[Saved data entries]
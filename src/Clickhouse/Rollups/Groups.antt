-- ===== src/Clickhouse/Rollups/Groups.antt =====
-- Putting rows of a view together by their keys changes nothing for what is merged of them later.
use bangmod_monitor.Prelude.{
  ℕ, zero, suc, false, ◌≡◌, refl, ap, ◌∙◌, List, [], ◌∷◌, ◌++◌, flat_map, ◌==◌, append_assoc, arith,
}
use bangmod_monitor.Clickhouse.Rollups.{
  Key, ViewRow, View, add_row, group_rows, insert_block, merge_parts, Bucket, add_bucket, bucket_of,
  add_if, merged_into,
}

module _ {V : Type 0} where
  abbrev bucket : ℕ → List V → Bucket V
  bucket t vs = record { start = t; state = vs }

  add_bucket-same :
      (t : ℕ) (us vs : List V) (l : List (Bucket V))
      → add_bucket (bucket t us) (add_bucket (bucket t vs) l) ≡ add_bucket (bucket t (us ++ vs)) l
  add_bucket-same t us vs [] = ground arith
  add_bucket-same t us vs (c ∷ l) =
      ground (arith, add_bucket-same t us vs l, append_assoc us vs c.state)

  add_bucket_comm :
      (b c : Bucket V) (l : List (Bucket V))
      → (b.start == c.start) ≡ false
      → add_bucket b (add_bucket c l) ≡ add_bucket c (add_bucket b l)
  add_bucket_comm b c [] h = ground arith
  add_bucket_comm b c (d ∷ l) h = ground (arith, add_bucket_comm b c l h)

module _ {G V : Type 0} (k : Key G) (g : G) where
  add_if-add_row :
      (r : ViewRow G V) (l : List (ViewRow G V)) (acc : List (Bucket V))
      → merged_into k g (add_row k r l) acc ≡ add_if k g r (merged_into k g l acc)
  add_if-add_row r [] acc = refl
  add_if-add_row r (s ∷ l) acc =
      let rest = merged_into k g l acc in
      ground (
        arith,
        add_if-add_row r l acc,
        add_bucket-same r.start r.state s.state rest,
        add_bucket_comm (bucket_of r) (bucket_of s) rest,
        k.same_iff r.group s.group,
        k.same_iff r.group g,
        k.same_iff s.group g,
      )

  merged_into-group_rows :
      (l : List (ViewRow G V)) (acc : List (Bucket V))
      → merged_into k g (group_rows k l) acc ≡ merged_into k g l acc
  unfolding group_rows
  merged_into-group_rows [] acc = refl
  merged_into-group_rows (r ∷ l) acc =
      add_if-add_row r (group_rows k l) acc ∙ ap (add_if k g r) (merged_into-group_rows l acc)

  pub merged_into-append :
      (xs ys : List (ViewRow G V)) (acc : List (Bucket V))
      → merged_into k g (xs ++ ys) acc ≡ merged_into k g xs (merged_into k g ys acc)
  merged_into-append [] ys acc = refl
  merged_into-append (x ∷ xs) ys acc = ap (add_if k g x) (merged_into-append xs ys acc)

  -- The rows of a view, part by part
  abbrev pub content : View G V → List (Bucket V) → List (Bucket V)
  content [] acc = acc
  content (p ∷ v) acc = merged_into k g p (content v acc)

  pub content-flat :
      (v : View G V) (acc : List (Bucket V))
      → merged_into k g (flat_map (λ p. p) v) acc ≡ content v acc
  content-flat [] acc = refl
  content-flat (p ∷ v) acc =
      merged_into-append p (flat_map (λ q. q) v) acc ∙ ap (merged_into k g p) (content-flat v acc)

  pub content-insert_block :
      (rows : List (ViewRow G V)) (v : View G V) (acc : List (Bucket V))
      → content (insert_block k rows v) acc ≡ content v (merged_into k g rows acc)
  unfolding insert_block
  content-insert_block rows [] acc = merged_into-group_rows rows acc
  content-insert_block rows (p ∷ v) acc = ap (merged_into k g p) (content-insert_block rows v acc)

  pub content-merge_parts :
      (n : ℕ) (v : View G V) (acc : List (Bucket V))
      → content (merge_parts k n v) acc ≡ content v acc
  unfolding merge_parts
  content-merge_parts n [] acc = refl
  content-merge_parts zero (p ∷ []) acc = refl
  content-merge_parts zero (p ∷ q ∷ v) acc =
      merged_into-group_rows (p ++ q) (content v acc) ∙ merged_into-append p q (content v acc)
  content-merge_parts (suc n) (p ∷ v) acc = ap (merged_into k g p) (content-merge_parts n v acc)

• What you should do
Output each line of the records above exactly, beginning at the first, and stop once the line containing "(us ++ vs)) l" has been output.

• Solution to the exercise
filename src/Clickhouse/Rollups/Groups.antt
-- ===== src/Clickhouse/Rollups/Groups.antt =====
-- Putting rows of a view together by their keys changes nothing for what is merged of them later.
use bangmod_monitor.Prelude.{
  ℕ, zero, suc, false, ◌≡◌, refl, ap, ◌∙◌, List, [], ◌∷◌, ◌++◌, flat_map, ◌==◌, append_assoc, arith,
}
use bangmod_monitor.Clickhouse.Rollups.{
  Key, ViewRow, View, add_row, group_rows, insert_block, merge_parts, Bucket, add_bucket, bucket_of,
  add_if, merged_into,
}

module _ {V : Type 0} where
  abbrev bucket : ℕ → List V → Bucket V
  bucket t vs = record { start = t; state = vs }

  add_bucket-same :
      (t : ℕ) (us vs : List V) (l : List (Bucket V))
      → add_bucket (bucket t us) (add_bucket (bucket t vs) l) ≡ add_bucket (bucket t (us ++ vs)) l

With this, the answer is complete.